In the 1880s the family traveled for weeks by horse drawn wagon to what was then considered the Northwest. That area later became better known as Washington State bordering with Canada along its northern edge. Adventure quickly captured the young healthy athletic man's imagination, and the areas for young Thomas Keith Marshall to explore in the Northwest seemed endless to him.
The major and smaller local newspapers of the United States and around the world in 1897-1898 boldly headlined daily stories and accounts of huge amounts of gold to be easily found laying right out on the ground, in streams, and along the river banks in the Yukon Territory of Canada.
Newspaper reporters interviewed hordes of adventuresome men from all around the world who were gathering at the busy ports of Seattle, Washington, and San Francisco, California trying to book their passage if even just for a single spot to sleep out on the steamer ships deck for the rough sea voyage up to the starting off point of Skagway, Alaska.
The cities, officials, authorities, merchants in those United States port towns were all suddenly overwhelmed. Father north up in Canada the only law then amounted to a mere handful of Royal Canadian Mounted Police [aka 'Mounties'] to patrol and administer as the only government representative for hundreds and often thousands of miles of wild territory in every direction. Winters at 50-60 below zero there in the Yukon Territory of Canada were unforgiving, and deadly.

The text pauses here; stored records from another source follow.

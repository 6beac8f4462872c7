-- ===== src/Upstream/Members/Roster.antt =====
-- Who is on which channel, as upstream.go tracks it, against a plain account of it: a relation of
-- channels and nicknames that each message changes.
pub mod Steps
pub mod Each
pub mod Handlers
pub mod Whole
pub mod Leave
pub mod Nick
use soju_bouncer.Prelude.{
  ℕ, ◌⊎◌, ◌≡◌, refl, inl, inr, Bool, true, false, ◌&&◌, ◌||◌, not, Option, none, some, List, [],
  ◌∷◌, if◌then◌else◌, Bool-cases, ◌==◌, Str, str_Eq, arith, lookup, ◌∙◌, is_empty, Option-cases,
  is_some, sym, ap, list_eq_iff, eq_refl, nat_Eq, nat_eq,
}
use soju_bouncer.Irc.{Message, Prefix}
use soju_bouncer.Xirc.CaseMapping.{CaseMapping}
use soju_bouncer.Xirc.CaseMappingMap
use soju_bouncer.Xirc.CaseMappingMap.{CaseMappingMap, Entry}
use soju_bouncer.Xirc.CaseMappingMap.Laws.{get-set, get-del, has-set, has-del}
use soju_bouncer.Xirc.Membership.{MembershipSet}
use soju_bouncer.Database.Channels.{ChannelSettings}
use soju_bouncer.Upstream.State.{
  UpstreamConn, UpstreamChannel, UpstreamUser, Network, change_each, map_entries, emit, get_channel,
  set_channel, with_members, is_our_nick, failed, done, Handled,
}
use soju_bouncer.Upstream.Users.{
  forget_members, forget_user, should_cache_user_info, cache_user_info,
}
use soju_bouncer.Upstream.Produce.{
  produce, update_channel_auto_detach, detach_channel_later, detach_later, update_auto_detach,
}
use soju_bouncer.Upstream.Members.{
  join_one, join_ours, add_member, part_one, leave, remove_member, new_channel,
}

-- On which channels we are, and who is on them.
pub record Roster : Type 0 where
  pub on : Str → Bool
  pub has : Str → Str → Bool

pub data Change : Type 0 where
  joined left : Str → Change
  added removed : Str → Str → Change
  gone : Str → Change
  renamed : Str → Str → Change

abbrev pub Members : Type 0
Members = CaseMappingMap (Option MembershipSet)

abbrev pub members_of : Option UpstreamChannel → Option Members
members_of none = none
members_of (some ch) = some ch.state.members

-- The members of a channel that we are on.
abbrev pub members_at : UpstreamConn → Str → Option Members
members_at uc c = members_of (get_channel uc c)

abbrev pub is_in : Option Members → Str → Bool
is_in none n = false
is_in (some members) n = CaseMappingMap.has members n

abbrev pub view : UpstreamConn → Roster
view uc = record { on = λ c. is_some (members_at uc c); has = λ c n. is_in (members_at uc c) n }

-- What a change does to the names that the case mapping identifies with its own.
abbrev pub change : CaseMapping → Change → Roster → Roster
change cm (joined c) r = record {
  on = λ k. (cm c == cm k) || r.on k;
  has = λ k m. not (cm c == cm k) && r.has k m;
}
change cm (left c) r = record {
  on = λ k. not (cm c == cm k) && r.on k;
  has = λ k m. not (cm c == cm k) && r.has k m;
}
change cm (added c n) r = record r { has = λ k m. ((cm c == cm k) && (cm n == cm m)) || r.has k m }
change cm (removed c n) r = record r {
  has = λ k m. not ((cm c == cm k) && (cm n == cm m)) && r.has k m;
}
change cm (gone n) r = record r { has = λ k m. not (cm n == cm m) && r.has k m }
change cm (renamed n n') r = record r {
  has =
      λ k m. if r.has k n then (cm n' == cm m) || (not (cm n == cm m) && r.has k m) else r.has k m;
}

abbrev pub Follows : UpstreamConn → Roster → Type 0
Follows uc r = (k m : Str) → ((view uc).on k ≡ r.on k) × ((view uc).has k m ≡ r.has k m)

-- A map of members goes by the case mapping, and has no nil pointer.
pub record IsSound (cm : CaseMapping) (m : Members) : Type 0 where
  pub casemap : m.casemap ≡ cm
  pub valued : (n : Str) → CaseMappingMap.has m n ≡ is_some (CaseMappingMap.get none m n)

-- The maps go by the case mapping of the network.
pub record IsUniform (uc : UpstreamConn) : Type 0 where
  pub channels : uc.channels.casemap ≡ uc.casemap
  pub members : (k : Str) (m : Members) → members_at uc k ≡ some m → IsSound uc.casemap m

if_members :
    (b : Bool) (v w : Option UpstreamChannel)
    → members_of (if b then v else w) ≡ (if b then members_of v else members_of w)
if_members true v w = refl
if_members false v w = refl

-- The members after a channel was written, and after one was dropped.
pub written :
    (uc uc' : UpstreamConn) (c k : Str) (v : Option UpstreamChannel)
    → uc.channels.casemap ≡ uc.casemap
    → uc'.channels ≡ CaseMappingMap.set uc.channels c v
    → members_at uc' k ≡ (if uc.casemap c == uc.casemap k then members_of v else members_at uc k)
unfolding get_channel
written uc uc' c k v e h =
    ap (λ m. members_of (CaseMappingMap.get none m k)) h
    ∙ ap members_of (get-set none v uc.channels c k)
    ∙ if_members (uc.channels.casemap c == uc.channels.casemap k) v _
    ∙ ap (λ (cm : CaseMapping). if cm c == cm k then members_of v else members_at uc k) e

pub dropped :
    (uc uc' : UpstreamConn) (c k : Str)
    → uc.channels.casemap ≡ uc.casemap
    → uc'.channels ≡ CaseMappingMap.del uc.channels c
    → members_at uc' k ≡ (if uc.casemap c == uc.casemap k then none else members_at uc k)
unfolding get_channel
dropped uc uc' c k e h =
    ap (λ m. members_of (CaseMappingMap.get none m k)) h
    ∙ ap members_of (get-del none uc.channels c k)
    ∙ if_members (uc.channels.casemap c == uc.channels.casemap k) none _
    ∙ ap (λ (cm : CaseMapping). if cm c == cm k then none else members_at uc k) e

pub members_same :
    (uc : UpstreamConn) (c k : Str)
    → uc.channels.casemap ≡ uc.casemap
    → (uc.casemap c == uc.casemap k) ≡ true
    → members_at uc k ≡ members_at uc c
unfolding get_channel CaseMappingMap.get
members_same uc c k e s = ground (arith, list_eq_iff (uc.casemap c) (uc.casemap k))

auto_detach-channels :
    (uc : UpstreamConn) (c : Str) (ch : UpstreamChannel) (dur : ℕ)
    → ((update_auto_detach uc c ch dur).channels
        ≡ CaseMappingMap.set uc.channels c (some (record ch { detach_timer = not (nat_eq dur 0) })))
      × (((update_auto_detach uc c ch dur).casemap ≡ uc.casemap)
          × ((update_auto_detach uc c ch dur).nick ≡ uc.nick))
auto_detach-channels uc c ch dur = elim (Bool-cases (nat_eq dur 0)) [
  | inl off ↦ elim (Bool-cases ch.detach_timer) [
    | inl t ↦ rw (off, t) (refl, (refl, refl))
    | inr t ↦ rw (off, t) (refl, (refl, refl))
  ]
  | inr on ↦ elim (Bool-cases ch.detach_timer) [
    | inl t ↦ rw (on, t) (refl, (refl, refl))
    | inr t ↦ rw (on, t) (refl, (refl, refl))
  ]
]

-- Writing a channel with the members that it has changes no members.
rewritten :
    (uc uc' : UpstreamConn) (c k : Str) (ch ch' : UpstreamChannel)
    → uc.channels.casemap ≡ uc.casemap
    → get_channel uc c ≡ some ch
    → ch'.state.members ≡ ch.state.members
    → uc'.channels ≡ CaseMappingMap.set uc.channels c (some ch')
    → members_at uc' k ≡ members_at uc k
rewritten uc uc' c k ch ch' e g s h = elim (Bool-cases (uc.casemap c == uc.casemap k)) [
  | inl same ↦ rw (written uc uc' c k _ e h, same, members_same uc c k e same, g) (ap some s)
  | inr other ↦ rw (written uc uc' c k _ e h, other) refl
]

-- Nothing of the roster changes.
pub record Steady (uc uc' : UpstreamConn) : Type 0 where
  pub members : (k : Str) → members_at uc' k ≡ members_at uc k
  pub casemap : uc'.casemap ≡ uc.casemap
  pub map_casemap : uc'.channels.casemap ≡ uc.channels.casemap
  pub nick : uc'.nick ≡ uc.nick

Steady-refl : (uc : UpstreamConn) → Steady uc uc
Steady-refl uc = record { members = λ k. refl; casemap = refl; map_casemap = refl; nick = refl }

pub auto_detach-Steady :
    (uc : UpstreamConn) (c : Str)
    → uc.channels.casemap ≡ uc.casemap
    → Steady uc (update_channel_auto_detach uc c)
unfolding update_channel_auto_detach CaseMappingMap.set
auto_detach-Steady uc c e = elim (Option-cases (get_channel uc c)) [
  | inl unknown ↦ rw unknown (Steady-refl uc)
  | inr (ch, found) ↦ rw found (saved_cases ch found (CaseMappingMap.get none uc.saved c))
]
  where
    saved_cases :
        (ch : UpstreamChannel)
        → get_channel uc c ≡ some ch
        → (o : Option ChannelSettings) → Steady uc (detach_later uc c ch o)
    saved_cases ch found none = Steady-refl uc
    saved_cases ch found (some settings) = elim (Bool-cases settings.detached) [
      | inl detached ↦ rw detached (Steady-refl uc)
      | inr attached ↦
          let uc' = update_auto_detach uc c ch settings.detach_after in
          let (h, (f, n)) = auto_detach-channels uc c ch settings.detach_after in
          let s : Steady uc uc' = record {
            members = λ k. rewritten uc uc' c k ch _ e found refl h;
            casemap = f;
            map_casemap = ap (λ (m : CaseMappingMap (Option UpstreamChannel)). m.casemap) h;
            nick = n;
          } in
          rw attached s
    ]

-- A step that keeps the maps uniform, and changes the roster as it says.
pub record Makes (ch : Change) (uc uc' : UpstreamConn) : Type 0 where
  pub uniform : IsUniform uc'
  pub casemap : uc'.casemap ≡ uc.casemap
  pub follows : Follows uc' (change uc.casemap ch (view uc))

-- The members after a step, in one equation.
abbrev pub At : UpstreamConn → UpstreamConn → Str → Option Members → Type 0
At uc uc' c v =
    (k : Str) → members_at uc' k ≡ (if uc.casemap c == uc.casemap k then v else members_at uc k)

IsUniform-At :
    (uc uc' : UpstreamConn) (c : Str) (v : Option Members)
    → IsUniform uc
    → uc'.channels.casemap ≡ uc.channels.casemap
    → uc'.casemap ≡ uc.casemap
    → ((m : Members) → v ≡ some m → IsSound uc.casemap m)
    → At uc uc' c v
    → IsUniform uc'
IsUniform-At uc uc' c v u e f h at = record {
  channels = e ∙ u.channels ∙ sym f;
  members =
      λ k m g. rw f (by_case k m (sym (at k) ∙ g) (Bool-cases (uc.casemap c == uc.casemap k)));
}
  where
    by_case :
        (k : Str) (m : Members)
        → (if uc.casemap c == uc.casemap k then v else members_at uc k) ≡ some m
        → ((uc.casemap c == uc.casemap k) ≡ true) ⊎ ((uc.casemap c == uc.casemap k) ≡ false)
        → IsSound uc.casemap m
    by_case k m g (inl same) = h m (rw same at g)
    by_case k m g (inr other) = u.members k m (rw other at g)

-- Steps that follow from the members after them.
pub At-Makes :
    (uc uc' : UpstreamConn) (c : Str) (v : Option Members) (ch : Change)
    → IsUniform uc
    → uc'.channels.casemap ≡ uc.channels.casemap
    → uc'.casemap ≡ uc.casemap
    → ((m : Members) → v ≡ some m → IsSound uc.casemap m)
    → At uc uc' c v
    → ((k m : Str)
        → (is_some (if uc.casemap c == uc.casemap k then v else members_at uc k)
            ≡ (change uc.casemap ch (view uc)).on k)
          × (is_in (if uc.casemap c == uc.casemap k then v else members_at uc k) m
              ≡ (change uc.casemap ch (view uc)).has k m))
    → Makes ch uc uc'
At-Makes uc uc' c v ch u e f h at says = record {
  uniform = IsUniform-At uc uc' c v u e f h at;
  casemap = f;
  follows = λ k m. rw (at k) (says k m);
}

Eager adventurers along with wanted criminals of all walks of life flooded into the busy ports purchasing goods and gaining passage. That while those successful early gold seekers arriving back to Seattle and San Francisco unloaded the sacks of their gold dust and gold nuggets showing the glittering shine of the precious yellow metal to astonished newspaper reporters pushing their way up to the gang planks trying to get first hand stories for the then eager news hungry public.
It was 'Gold Fever' ...
For Thomas Keith Marshall the magnet of the north pulled him and pointed his feet north. Saying his goodbyes to his mother, sister, and friends Thomas set out with a backpack and some money in his pockets heading out for the goldfields far to the north. It was to be a far more perilous dangerous journey than he or any of the gold seekers would ever imagine.
For some of the survivors of the "Trail of '98" word had spread of another gold strike this time down in the Arizona Territory of the United States. The whispers, tales, rumors between the men themselves, and news articles told that it was warmer, safer, easier, and did not snow.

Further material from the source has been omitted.